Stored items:
- - - - - - -
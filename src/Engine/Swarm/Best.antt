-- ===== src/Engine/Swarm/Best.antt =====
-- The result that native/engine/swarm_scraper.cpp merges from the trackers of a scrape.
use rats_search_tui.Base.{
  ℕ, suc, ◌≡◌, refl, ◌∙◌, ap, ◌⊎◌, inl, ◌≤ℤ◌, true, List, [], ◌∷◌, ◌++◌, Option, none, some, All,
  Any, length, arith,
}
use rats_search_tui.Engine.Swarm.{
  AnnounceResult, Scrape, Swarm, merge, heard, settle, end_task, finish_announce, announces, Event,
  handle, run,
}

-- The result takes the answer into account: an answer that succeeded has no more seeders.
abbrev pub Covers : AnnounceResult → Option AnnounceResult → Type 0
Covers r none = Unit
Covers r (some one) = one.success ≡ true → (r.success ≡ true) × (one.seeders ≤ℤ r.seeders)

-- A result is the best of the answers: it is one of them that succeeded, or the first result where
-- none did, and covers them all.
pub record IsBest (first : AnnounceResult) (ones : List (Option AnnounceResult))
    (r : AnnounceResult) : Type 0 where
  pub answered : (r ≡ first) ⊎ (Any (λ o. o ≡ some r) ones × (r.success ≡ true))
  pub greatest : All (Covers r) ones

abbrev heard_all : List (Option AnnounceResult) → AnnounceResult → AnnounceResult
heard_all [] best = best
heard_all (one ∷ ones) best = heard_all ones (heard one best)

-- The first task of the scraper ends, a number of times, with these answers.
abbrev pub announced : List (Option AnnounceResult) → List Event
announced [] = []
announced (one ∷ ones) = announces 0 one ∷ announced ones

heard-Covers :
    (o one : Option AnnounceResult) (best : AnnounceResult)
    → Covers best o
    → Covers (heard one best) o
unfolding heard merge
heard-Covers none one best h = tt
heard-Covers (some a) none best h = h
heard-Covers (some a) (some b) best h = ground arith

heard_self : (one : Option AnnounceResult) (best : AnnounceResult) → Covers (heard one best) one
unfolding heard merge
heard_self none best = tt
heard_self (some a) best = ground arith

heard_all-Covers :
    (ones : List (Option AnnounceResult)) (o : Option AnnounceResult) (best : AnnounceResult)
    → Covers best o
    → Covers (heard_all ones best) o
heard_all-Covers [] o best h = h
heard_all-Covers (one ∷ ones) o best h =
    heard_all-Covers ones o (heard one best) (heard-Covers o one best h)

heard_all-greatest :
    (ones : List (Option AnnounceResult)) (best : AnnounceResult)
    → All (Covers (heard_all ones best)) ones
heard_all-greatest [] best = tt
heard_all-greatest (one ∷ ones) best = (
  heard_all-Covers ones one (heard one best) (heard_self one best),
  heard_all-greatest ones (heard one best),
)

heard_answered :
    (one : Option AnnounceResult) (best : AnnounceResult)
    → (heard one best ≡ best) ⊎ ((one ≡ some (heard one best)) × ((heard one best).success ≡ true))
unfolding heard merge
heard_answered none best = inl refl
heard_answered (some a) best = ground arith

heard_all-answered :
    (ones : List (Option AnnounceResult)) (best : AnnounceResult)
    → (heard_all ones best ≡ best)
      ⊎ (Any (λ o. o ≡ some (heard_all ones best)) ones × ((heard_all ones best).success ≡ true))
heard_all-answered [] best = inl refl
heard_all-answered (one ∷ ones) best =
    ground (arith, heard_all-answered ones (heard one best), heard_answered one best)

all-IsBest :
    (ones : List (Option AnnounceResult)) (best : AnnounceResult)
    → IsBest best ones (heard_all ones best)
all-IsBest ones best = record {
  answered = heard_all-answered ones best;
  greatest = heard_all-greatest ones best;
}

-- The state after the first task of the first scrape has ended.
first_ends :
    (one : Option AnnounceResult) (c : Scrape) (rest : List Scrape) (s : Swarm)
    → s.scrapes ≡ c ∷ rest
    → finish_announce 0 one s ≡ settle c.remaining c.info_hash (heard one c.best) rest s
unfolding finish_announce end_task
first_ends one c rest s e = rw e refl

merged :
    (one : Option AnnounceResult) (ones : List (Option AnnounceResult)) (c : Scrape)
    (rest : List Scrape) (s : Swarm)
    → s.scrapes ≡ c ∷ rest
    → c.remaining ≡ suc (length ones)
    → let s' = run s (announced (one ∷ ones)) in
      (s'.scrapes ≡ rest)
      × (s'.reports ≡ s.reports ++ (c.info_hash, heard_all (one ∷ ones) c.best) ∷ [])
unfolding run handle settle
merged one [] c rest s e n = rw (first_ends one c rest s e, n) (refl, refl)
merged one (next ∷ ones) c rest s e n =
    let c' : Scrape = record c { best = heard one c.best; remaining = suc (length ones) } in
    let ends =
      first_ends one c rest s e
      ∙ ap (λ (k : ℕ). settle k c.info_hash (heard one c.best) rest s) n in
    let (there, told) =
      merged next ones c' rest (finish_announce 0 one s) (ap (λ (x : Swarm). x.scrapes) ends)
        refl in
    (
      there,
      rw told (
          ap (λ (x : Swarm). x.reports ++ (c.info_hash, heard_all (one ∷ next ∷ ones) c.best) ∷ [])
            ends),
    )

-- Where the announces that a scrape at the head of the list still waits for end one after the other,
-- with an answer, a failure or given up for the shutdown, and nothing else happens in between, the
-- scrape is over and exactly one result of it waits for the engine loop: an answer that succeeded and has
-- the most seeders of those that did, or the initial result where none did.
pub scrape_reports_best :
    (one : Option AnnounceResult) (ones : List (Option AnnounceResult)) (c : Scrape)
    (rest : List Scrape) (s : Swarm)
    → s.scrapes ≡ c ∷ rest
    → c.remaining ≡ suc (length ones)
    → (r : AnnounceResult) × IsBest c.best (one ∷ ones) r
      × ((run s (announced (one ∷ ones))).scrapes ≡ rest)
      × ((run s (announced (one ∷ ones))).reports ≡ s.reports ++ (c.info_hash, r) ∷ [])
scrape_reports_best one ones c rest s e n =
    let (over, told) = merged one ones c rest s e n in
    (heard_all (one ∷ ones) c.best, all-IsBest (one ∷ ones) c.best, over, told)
- - - - - - -
Action item:
Each line of the data must be retyped exactly.

Written answer:
filename src/Engine/Swarm/Best.antt
-- ===== src/Engine/Swarm/Best.antt =====
-- The result that native/engine/swarm_scraper.cpp merges from the trackers of a scrape.
use rats_search_tui.Base.{
  ℕ, suc, ◌≡◌, refl, ◌∙◌, ap, ◌⊎◌, inl, ◌≤ℤ◌, true, List, [], ◌∷◌, ◌++◌, Option, none, some, All,
  Any, length, arith,
}
use rats_search_tui.Engine.Swarm.{
  AnnounceResult, Scrape, Swarm, merge, heard, settle, end_task, finish_announce, announces, Event,
  handle, run,
}

-- The result takes the answer into account: an answer that succeeded has no more seeders.
abbrev pub Covers : AnnounceResult → Option AnnounceResult → Type 0
Covers r none = Unit
Covers r (some one) = one.success ≡ true → (r.success ≡ true) × (one.seeders ≤ℤ r.seeders)

-- A result is the best of the answers: it is one of them that succeeded, or the first result where
-- none did, and covers them all.
pub record IsBest (first : AnnounceResult) (ones : List (Option AnnounceResult))
    (r : AnnounceResult) : Type 0 where
  pub answered : (r ≡ first) ⊎ (Any (λ o. o ≡ some r) ones × (r.success ≡ true))
  pub greatest : All (Covers r) ones

abbrev heard_all : List (Option AnnounceResult) → AnnounceResult → AnnounceResult
heard_all [] best = best
heard_all (one ∷ ones) best = heard_all ones (heard one best)

-- The first task of the scraper ends, a number of times, with these answers.
abbrev pub announced : List (Option AnnounceResult) → List Event
announced [] = []
announced (one ∷ ones) = announces 0 one ∷ announced ones

heard-Covers :
    (o one : Option AnnounceResult) (best : AnnounceResult)
    → Covers best o
    → Covers (heard one best) o
unfolding heard merge
heard-Covers none one best h = tt
heard-Covers (some a) none best h = h
heard-Covers (some a) (some b) best h = ground arith

heard_self : (one : Option AnnounceResult) (best : AnnounceResult) → Covers (heard one best) one
unfolding heard merge
heard_self none best = tt
heard_self (some a) best = ground arith

heard_all-Covers :
    (ones : List (Option AnnounceResult)) (o : Option AnnounceResult) (best : AnnounceResult)
    → Covers best o
    → Covers (heard_all ones best) o
heard_all-Covers [] o best h = h
heard_all-Covers (one ∷ ones) o best h =
    heard_all-Covers ones o (heard one best) (heard-Covers o one best h)

heard_all-greatest :
    (ones : List (Option AnnounceResult)) (best : AnnounceResult)
    → All (Covers (heard_all ones best)) ones
heard_all-greatest [] best = tt
heard_all-greatest (one ∷ ones) best = (
  heard_all-Covers ones one (heard one best) (heard_self one best),
  heard_all-greatest ones (heard one best),
)

heard_answered :
    (one : Option AnnounceResult) (best : AnnounceResult)
    → (heard one best ≡ best) ⊎ ((one ≡ some (heard one best)) × ((heard one best).success ≡ true))
unfolding heard merge
heard_answered none best = inl refl
heard_answered (some a) best = ground arith

heard_all-answered :
    (ones : List (Option AnnounceResult)) (best : AnnounceResult)
    → (heard_all ones best ≡ best)
      ⊎ (Any (λ o. o ≡ some (heard_all ones best)) ones × ((heard_all ones best).success ≡ true))
heard_all-answered [] best = inl refl
heard_all-answered (one ∷ ones) best =
    ground (arith, heard_all-answered ones (heard one best), heard_answered one best)

all-IsBest :
    (ones : List (Option AnnounceResult)) (best : AnnounceResult)
    → IsBest best ones (heard_all ones best)
all-IsBest ones best = record {
  answered = heard_all-answered ones best;
  greatest = heard_all-greatest ones best;
}

-- The state after the first task of the first scrape has ended.
first_ends :
    (one : Option AnnounceResult) (c : Scrape) (rest : List Scrape) (s : Swarm)
    → s.scrapes ≡ c ∷ rest
    → finish_announce 0 one s ≡ settle c.remaining c.info_hash (heard one c.best) rest s
unfolding finish_announce end_task
first_ends one c rest s e = rw e refl

merged :
    (one : Option AnnounceResult) (ones : List (Option AnnounceResult)) (c : Scrape)
    (rest : List Scrape) (s : Swarm)
    → s.scrapes ≡ c ∷ rest
    → c.remaining ≡ suc (length ones)
    → let s' = run s (announced (one ∷ ones)) in
      (s'.scrapes ≡ rest)
      × (s'.reports ≡ s.reports ++ (c.info_hash, heard_all (one ∷ ones) c.best) ∷ [])
unfolding run handle settle
merged one [] c rest s e n = rw (first_ends one c rest s e, n) (refl, refl)
merged one (next ∷ ones) c rest s e n =
    let c' : Scrape = record c { best = heard one c.best; remaining = suc (length ones) } in
    let ends =
      first_ends one c rest s e
      ∙ ap (λ (k : ℕ). settle k c.info_hash (heard one c.best) rest s) n in
    let (there, told) =
      merged next ones c' rest (finish_announce 0 one s) (ap (λ (x : Swarm). x.scrapes) ends)
        refl in
    (
      there,
      rw told (
          ap (λ (x : Swarm). x.reports ++ (c.info_hash, heard_all (one ∷ next ∷ ones) c.best) ∷ [])
            ends),
    )

-- Where the announces that a scrape at the head of the list still waits for end one after the other,
-- with an answer, a failure or given up for the shutdown, and nothing else happens in between, the
-- scrape is over and exactly one result of it waits for the engine loop: an answer that succeeded and has
-- the most seeders of those that did, or the initial result where none did.
pub scrape_reports_best :
    (one : Option AnnounceResult) (ones : List (Option AnnounceResult)) (c : Scrape)
    (rest : List Scrape) (s : Swarm)
    → s.scrapes ≡ c ∷ rest
    → c.remaining ≡ suc (length ones)
    → (r : AnnounceResult) × IsBest c.best (one ∷ ones) r
      × ((run s (announced (one ∷ ones))).scrapes ≡ rest)
      × ((run s (announced (one ∷ ones))).reports ≡ s.reports ++ (c.info_hash, r) ∷ [])
scrape_reports_best one ones c rest s e n =
    let (over, told) = merged one ones c rest s e n in
    (heard_all (one ∷ ones) c.best, all-IsBest (one ∷ ones) c.best, over, told)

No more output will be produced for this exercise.